昌宝撒着欢儿跑过来,一脑袋撞在我祠堂(鸟巢)上……
我皈依得早,底下一堆师弟,他们风俗喊我“大师兄”,喊猴儿似的。大师金刚兄弟一场,几世种来的福田,故而也乐得和他们开打趣。
它完整不睬睬我,各种跑“之”字。
我说:……我我我不明白您是几个意义?
像一大坨会跑的奥利奥一样。
他们喊:带金箍棒了没?
师父说:众生皆有佛性,佛法嘛,一条寻求聪明的门路罢了,没有门槛,机遇到了就好。
成住坏空懒得管,有漏无漏我不争,
我说:你可真是条傻狗,不过你长得挺好玩儿的。
我说:嗯呢。
我乐,狗也吃饺子?白菜馅儿的饺子?
我蹲在地上心碎加蛋痛,昌宝傻呵呵地凑过鼻子来拱我的手……找饺子。
他持续问我:那你是条小生命不?
我说:懂了师父,我作个偈子吧。
玄奘法师(唐僧)西天取经返来后,欲度一名官二代世家子入沙门,此君打死不从,比孙悟空难搞多了。因而玄奘从天子处讨得一纸圣旨当紧箍咒,敕命其削发。
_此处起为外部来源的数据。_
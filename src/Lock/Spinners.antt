-- ===== src/Lock/Spinners.antt =====
-- One hart at a time holds the spinning lock; and a hart may be taken for its own owner.
use mankoros.Base.{
  ℕ, ◌≡◌, ◌≢◌, refl, sym, ap, ◌∙◌, Bool, true, false, ◌==◌, if◌then◌else◌, arith, ◌⊎◌, inl, inr,
  Bool-cases,
}
use mathlib.Core.Path.{subst}
use mankoros.Lock.Spin.{
  Place, outside, exchanging, failed, waiting, marking, guarded, panicked, Mutex, new, moves,
  exchange, check_owner, spin, mark, drop_guard, Step, calls, exchanges, checks, spins, marks,
  drops, Steps, stay, step,
}

-- the hart has the lock
abbrev pub has_lock : Place → Bool
has_lock outside = false
has_lock exchanging = false
has_lock failed = false
has_lock (waiting n) = false
has_lock marking = true
has_lock guarded = true
has_lock panicked = false

-- the flag is set exactly while one hart has the lock, and no other has
abbrev pub IsExclusive : Mutex → Type 0
IsExclusive m =
    ((m.locked ≡ false) × ((h : ℕ) → has_lock (m.harts h) ≡ false))
    ⊎ ((o : ℕ) × (m.locked ≡ true)
        × (has_lock (m.harts o) ≡ true)
        × ((h : ℕ) → has_lock (m.harts h) ≡ true → h ≡ o))

if-true : (b : Bool) (x y : Mutex) → b ≡ true → (if b then x else y) ≡ x
if-true true x y e = refl
if-true false x y e = absurd (cc)

if-false : (b : Bool) (x y : Mutex) → b ≡ false → (if b then x else y) ≡ y
if-false true x y e = absurd (cc)
if-false false x y e = refl

moves-IsExclusive :
    (m : Mutex) (h : ℕ) (p : Place)
    → has_lock (m.harts h) ≡ has_lock p
    → IsExclusive m
    → IsExclusive (moves m h p)
moves-IsExclusive m h p e (inl (l, none_has)) = inl (l, λ g. ground (arith, none_has g, e))
moves-IsExclusive m h p e (inr (o, l, k, one)) =
    inr (o, l, ground (arith, k, e), λ g has. one g (ground (arith, has, e)))

takes-IsExclusive :
    (m : Mutex) (h : ℕ)
    → m.locked ≡ false
    → IsExclusive m
    → IsExclusive (record (moves m h marking) { locked = true })
takes-IsExclusive m h e (inl (l, none_has)) =
    inr (h, refl, ground arith, λ g has. ground (arith, none_has g, has))
takes-IsExclusive m h e (inr (o, l, k, one)) = absurd (cc)

drops-IsExclusive :
    (m : Mutex) (h : ℕ)
    → has_lock (m.harts h) ≡ true
    → IsExclusive m
    → IsExclusive (record (moves m h outside) { locked = false })
drops-IsExclusive m h e (inl (l, none_has)) = absurd (cc (e, none_has h))
drops-IsExclusive m h e (inr (o, l, k, one)) = inl (
  refl,
  λ g. elim (Bool-cases (g == h)) [
    | inl same ↦ ground (arith, same)
    | inr apart ↦ elim (Bool-cases (has_lock (m.harts g))) [
      | inl has ↦ let same : g ≡ h = one g has ∙ sym (one h e) in ground (arith, same, apart)
      | inr none_ ↦ ground (arith, apart, none_)
    ]
  ],
)

exchange-IsExclusive :
    (m : Mutex) (h : ℕ) → m.harts h ≡ exchanging → IsExclusive m → IsExclusive (exchange m h)
unfolding exchange
exchange-IsExclusive m h e i = elim (Bool-cases m.locked) [
  | inl l ↦
      subst IsExclusive (sym (if-true m.locked _ _ l))
        (moves-IsExclusive m h failed (ap has_lock e) i)
  | inr l ↦ subst IsExclusive (sym (if-false m.locked _ _ l)) (takes-IsExclusive m h l i)
]

spin-IsExclusive :
    (m : Mutex) (h n : ℕ) → m.harts h ≡ waiting n → IsExclusive m → IsExclusive (spin m h n)
unfolding spin
spin-IsExclusive m h n e i = elim (Bool-cases m.locked) [
  | inl l ↦
      subst IsExclusive (sym (if-true m.locked _ _ l))
        (moves-IsExclusive m h _ (ap has_lock e ∙ ground arith) i)
  | inr l ↦
      subst IsExclusive (sym (if-false m.locked _ _ l))
        (moves-IsExclusive m h exchanging (ap has_lock e) i)
]

Step-IsExclusive : (m n : Mutex) → Step m n → IsExclusive m → IsExclusive n
unfolding check_owner mark drop_guard
Step-IsExclusive m n (calls h e) i = moves-IsExclusive m h exchanging (ap has_lock e) i
Step-IsExclusive m n (exchanges h e) i = exchange-IsExclusive m h e i
Step-IsExclusive m n (checks h e) i = moves-IsExclusive m h _ (ap has_lock e ∙ ground arith) i
Step-IsExclusive m n (spins h k e) i = spin-IsExclusive m h k e i
Step-IsExclusive m n (marks h e) i = moves-IsExclusive m h guarded (ap has_lock e) i
Step-IsExclusive m n (drops h e) i = drops-IsExclusive m h (ap has_lock e) i

Steps-IsExclusive : (m n : Mutex) → Steps m n → IsExclusive m → IsExclusive n
Steps-IsExclusive m n stay i = i
Steps-IsExclusive m n (step {n = k} p q) i = Steps-IsExclusive k n q (Step-IsExclusive m k p i)

-- In every state that the harts reach from a new mutex, interleaved between any two accesses to it,
-- no two harts hold the guard.
pub harts-exclude :
    (m : Mutex) (g h : ℕ) → Steps new m → m.harts g ≡ guarded → m.harts h ≡ guarded → g ≡ h
unfolding new
harts-exclude m g h p e f = elim (Steps-IsExclusive new m p (inl (refl, λ k. refl))) [
  | inl (l, none_has) ↦ let z : true ≡ false = ap has_lock (sym e) ∙ none_has g in absurd (cc)
  | inr (o, l, k, one) ↦ one g (ap has_lock e) ∙ sym (one h (ap has_lock f))
]

-- the run where `g` locks and unlocks, and `h` has made its exchange, and not yet left its mark
abbrev first_lock : ℕ → Mutex
first_lock g = drop_guard (mark (exchange (moves new g exchanging) g) g) g

abbrev pub false_alarm : ℕ → ℕ → Mutex
false_alarm g h =
    check_owner (exchange (moves (exchange (moves (first_lock g) h exchanging) h) g exchanging) g) g

-- For any two harts there is a run in which the one that had the mutex before and released it
-- panics as if it held it still, while the other has it and has not yet written its number.
pub false_alarm_correct :
    (g h : ℕ)
    → g ≢ h
    → Steps new (false_alarm g h)
      × ((false_alarm g h).harts g ≡ panicked)
      × ((false_alarm g h).harts h ≡ marking)
unfolding new exchange mark drop_guard check_owner
false_alarm_correct g h d = (
  step (calls g refl) (
      step (exchanges g (ground arith)) (
        step (marks g (ground arith)) (
          step (drops g (ground arith)) (
            step (calls h (ground arith)) (
              step (exchanges h (ground arith)) (
                step (calls g (ground arith))
                  (step (exchanges g (ground arith)) (step (checks g (ground arith)) stay)))))))),
  ground arith,
  ground arith,
)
他如二师兄上身,各种耍赖皮,非要带一车酒、一车肉、一车美女招摇过市进庙门,世人哗然,玄奘欣许。
哎哟,我说这事儿不太对啊,哈。
这是个贫乏平视的期间,人们嘴上说大家划一,实际糊口中,却总禁不住屡生别离心:遵循名誉凹凸、财产多寡、资本配置权的好坏、社会属性之强弱……对本身的同类远远亲疏,俯视或俯视。
我没刹住车,咣的一声,再次撞到了“祠堂”。
偶然候,在街上遇见了,他们冲我打哈哈:大师兄干吗去啊?
旅客前赴后继,咔嚓咔嚓的闪光灯,凌晨闪到傍晚,年初闪到年末,生生把它闪成了个旅游景点,闪成了那条巷子里的大明星。
我蛮迷惑儿,我说:它是狗耶……它是狗它如何能皈依?
不得不承认昌宝师弟的皮相还是不错的,一表狗才,比古城其他哈士奇标致多了。
师父在花架下喝茶,他隔着半个院子喊:别“傻狗傻狗”地喊,如果别人喊你“傻冰”你情愿吗?这是你师弟,今后喊师弟,昌宝师弟!
我和昌宝师弟一起过大年,在大和尚师父的院子里。
我说:好吧师父你赢了,你非要拿昌宝来举例子吗?还能不能一起玩耍了……
昌宝半岁的时候来的丽江,我不清楚它的出身,是被捡来的还是被人当礼品送来的,或者是从忠义市场狗肉摊位前被刀下拯救的,总而言之,它的出身是个谜。知情的只要大和尚,他懒得说,我们也就不太好问。
他持续问我:那你是条小生命不?
我说:带你妹。
可生命代价若不平等,再仁慈、再仁爱,也是有差别的爱,也是不断衡量中的仁慈。
师父说:不错不错,境地不错,但真懂了吗?别光嘴上说说,真能做到了才OK哦。
晓得问它也白搭,但事情搞不明白的话我别扭,我拿个棍儿戳戳它,问它:喂,傻狗,你有甚么特别之处吗?